Instructions to follow.
If a line in the entries includes "earliest", show that line.

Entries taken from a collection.
──────────

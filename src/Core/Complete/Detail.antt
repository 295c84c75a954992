-- ===== src/Core/Complete/Detail.antt =====
-- The session that `aggregate_session_v2` makes of its messages and turns
-- (crates/metrune-core/src/lib.rs).
use metrune.Prelude.{
  ℕ, ◌≡◌, ◌≤◌, refl, true, false, Option, none, some, List, [], ◌∷◌, arith, min, ◌<◌, ◌⊎◌, ltb,
  length, All, Bool-cases, inl, inr,
}
use metrune.Prelude.Float.{Float}
use metrune.Prelude.Text.{Text, len}
use metrune.Prelude.Words.{u32_max}
use metrune.Core.Types.{ClassifierUsage, UsageMessage}
use metrune.Core.Category.{category_str, method_str}
use metrune.Core.Snapshot.{TurnSnapshot, SessionSnapshot}
use metrune.Core.Identity.{Digests, IdentityContext}
use metrune.Core.Dominant.{dominant_category}
use metrune.Core.Dominant.Heaviest.{weight, dominant_category-heaviest}
use metrune.Core.Aggregate.{aggregate_session, session_messages, earliest}
use metrune.Core.Aggregate.Conservation.{slice_tokens, message_tokens, slice_tokens-aggregate}
use metrune.Core.Complete.{
  is_too_long, turn_detail_limit, limit_detail, complete_session, aggregate_session_v2,
}
use metrune.Core.Complete.Counts.{number_of, sum_counts, method_counts-exact}

module _ {F : Type 0} ⦃o : Float F⦄ where
  abbrev KeepsTurns : List (TurnSnapshot F) → SessionSnapshot F → Type 0
  KeepsTurns turns s = (s.turns ≡ turns) × (s.turn_detail_truncated ≡ false)

  abbrev DropsTurns : SessionSnapshot F → Type 0
  DropsTurns s = (s.turns ≡ []) × (s.turn_detail_truncated ≡ true)

  -- The session keeps the turns and is not marked where their text is within the limit or cannot be
  -- written; otherwise it has no turn and is marked.
  abbrev pub Fits :
      (List (TurnSnapshot F) → Option Text) → List (TurnSnapshot F) → SessionSnapshot F → Type 0
  Fits encode_turns turns s =
      ((encode_turns turns ≡ none) × KeepsTurns turns s)
      ⊎ ((text : Text) × (encode_turns turns ≡ some text)
          × (len text ≤ turn_detail_limit)
          × KeepsTurns turns s)
      ⊎ ((text : Text) × (encode_turns turns ≡ some text)
          × (turn_detail_limit < len text)
          × DropsTurns s)

  -- The slices hold the counters of the session's messages, the counts by method are those of all
  -- the turns, and no category weighs more in the turns than that of the session.
  abbrev pub Sums :
      UsageMessage F → List (UsageMessage F) → List (TurnSnapshot F) → SessionSnapshot F → Type 0
  Sums m ms turns s =
      (slice_tokens s.usage_by_model ≡ message_tokens (session_messages (earliest m ms) (m ∷ ms)))
      × All (λ c. c.count ≡ min (number_of (method_str c.method) turns) u32_max)
          s.classification_method_counts
      × (sum_counts s.classification_method_counts ≡ min (length turns) u32_max)
      × ((name : Text) → weight name turns ≤ weight (category_str s.category.category_id) turns)

  Fits-complete_session :
      (encode_turns : List (TurnSnapshot F) → Option Text) (messages : List (UsageMessage F))
      (turns : List (TurnSnapshot F)) (usage : ClassifierUsage F) (base : SessionSnapshot F)
      → base.turn_detail_truncated ≡ false
      → Fits encode_turns turns (complete_session encode_turns messages turns usage base)
  unfolding complete_session limit_detail
  Fits-complete_session encode_turns messages turns usage base unmarked =
      go (encode_turns turns) refl
    where
      go :
          (encoded : Option Text)
          → encode_turns turns ≡ encoded
          → Fits encode_turns turns (complete_session encode_turns messages turns usage base)
      go none e = inl (e, rw (complete_session, e) (refl, unmarked))
      go (some text) e = elim (Bool-cases (ltb turn_detail_limit (len text))) [
        | inl long ↦
            inr (inr (text, e, ground (arith, long), rw (complete_session, e, long) (refl, refl)))
        | inr short ↦
            inr (
              inl
                (text, e, ground (arith, short), rw (complete_session, e, short) (refl, unmarked)))
      ]

  Sums-complete_session :
      (encode_turns : List (TurnSnapshot F) → Option Text) (m : UsageMessage F)
      (ms : List (UsageMessage F)) (turns : List (TurnSnapshot F)) (usage : ClassifierUsage F)
      (base : SessionSnapshot F)
      → slice_tokens base.usage_by_model
        ≡ message_tokens (session_messages (earliest m ms) (m ∷ ms))
      → base.category ≡ dominant_category turns
      → Sums m ms turns (complete_session encode_turns (m ∷ ms) turns usage base)
  unfolding complete_session limit_detail
  Sums-complete_session encode_turns m ms turns usage base slices category =
      let (counts, all) = method_counts-exact turns in
      let heaviest : (name : Text)
          → weight name turns ≤ weight (category_str base.category.category_id) turns =
        λ name. rw category (dominant_category-heaviest name turns) in
      elim (Bool-cases (is_too_long (encode_turns turns))) [
        | inl e ↦ rw (complete_session, e) (slices, counts, all, heaviest)
        | inr e ↦ rw (complete_session, e) (slices, counts, all, heaviest)
      ]

  -- A session that has a message is completed, whatever its turns. Its slices hold the counters of
  -- its messages, with the saturation of u64; its counts by method are the numbers of the turns of
  -- each method, and add up to all the turns, up to the largest u32; its category is one that no
  -- other outweighs in the turns. It keeps the turns, unmarked, unless their text is longer than
  -- the limit, and then it has none and is marked.
  pub aggregate_session_v2-Detailed :
      (d : Digests) (encode_turns : List (TurnSnapshot F) → Option Text) (m : UsageMessage F)
      (ms : List (UsageMessage F)) (identity : IdentityContext) (revision : ℕ)
      (turns : List (TurnSnapshot F)) (usage : ClassifierUsage F)
      → (s : SessionSnapshot F) × (aggregate_session_v2 d encode_turns
            (m ∷ ms)
            identity
            revision
            turns
            usage
          ≡ some s)
        × Sums m ms turns s
        × Fits encode_turns turns s
  unfolding aggregate_session_v2 aggregate_session
  aggregate_session_v2-Detailed d encode_turns m ms identity revision turns usage = (
    _,
    refl,
    Sums-complete_session encode_turns m ms turns usage _
        (slice_tokens-aggregate d m ms identity revision (dominant_category turns) refl) refl,
    Fits-complete_session encode_turns (m ∷ ms) turns usage _ refl,
  )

──────────

Response area.
use metrune.Core.Aggregate.{aggregate_session, session_messages, earliest}
      (slice_tokens s.usage_by_model ≡ message_tokens (session_messages (earliest m ms) (m ∷ ms)))
        ≡ message_tokens (session_messages (earliest m ms) (m ∷ ms))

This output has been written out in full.